Can you find the lines of the listing that include "Waits" and copy every one?

**** DATA SUPPLIED ****

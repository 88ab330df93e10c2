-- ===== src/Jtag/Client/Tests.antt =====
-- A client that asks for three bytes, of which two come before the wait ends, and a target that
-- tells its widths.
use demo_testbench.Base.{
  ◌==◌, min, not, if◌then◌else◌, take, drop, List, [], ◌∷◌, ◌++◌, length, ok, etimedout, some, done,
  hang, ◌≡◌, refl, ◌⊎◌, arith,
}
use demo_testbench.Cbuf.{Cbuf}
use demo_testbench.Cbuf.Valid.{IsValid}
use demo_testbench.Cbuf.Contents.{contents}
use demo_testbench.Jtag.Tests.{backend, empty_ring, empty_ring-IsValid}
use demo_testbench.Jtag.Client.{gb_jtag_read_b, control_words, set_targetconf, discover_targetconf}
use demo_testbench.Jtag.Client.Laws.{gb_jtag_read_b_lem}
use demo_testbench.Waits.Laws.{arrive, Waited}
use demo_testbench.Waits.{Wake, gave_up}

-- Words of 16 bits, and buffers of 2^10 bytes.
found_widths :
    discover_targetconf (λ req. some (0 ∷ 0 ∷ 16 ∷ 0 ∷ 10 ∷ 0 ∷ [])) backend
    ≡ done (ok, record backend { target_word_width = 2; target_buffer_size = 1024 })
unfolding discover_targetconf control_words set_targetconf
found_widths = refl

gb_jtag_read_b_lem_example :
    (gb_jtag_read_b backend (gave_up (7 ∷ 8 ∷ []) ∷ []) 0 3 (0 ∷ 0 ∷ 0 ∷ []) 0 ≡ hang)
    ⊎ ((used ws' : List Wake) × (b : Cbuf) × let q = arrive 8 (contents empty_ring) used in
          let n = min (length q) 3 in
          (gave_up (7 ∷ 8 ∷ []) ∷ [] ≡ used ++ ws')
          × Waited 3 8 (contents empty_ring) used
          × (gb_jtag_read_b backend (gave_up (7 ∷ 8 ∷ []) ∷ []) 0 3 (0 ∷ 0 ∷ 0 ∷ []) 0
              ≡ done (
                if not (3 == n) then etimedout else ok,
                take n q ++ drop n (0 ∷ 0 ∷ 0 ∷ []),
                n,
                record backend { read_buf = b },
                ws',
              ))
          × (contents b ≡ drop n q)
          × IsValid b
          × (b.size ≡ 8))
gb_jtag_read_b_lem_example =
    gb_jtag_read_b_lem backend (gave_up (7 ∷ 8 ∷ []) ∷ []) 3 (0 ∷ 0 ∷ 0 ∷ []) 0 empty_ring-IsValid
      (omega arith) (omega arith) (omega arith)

****

RESPONSE TO THIS TASK:
use demo_testbench.Waits.Laws.{arrive, Waited}
use demo_testbench.Waits.{Wake, gave_up}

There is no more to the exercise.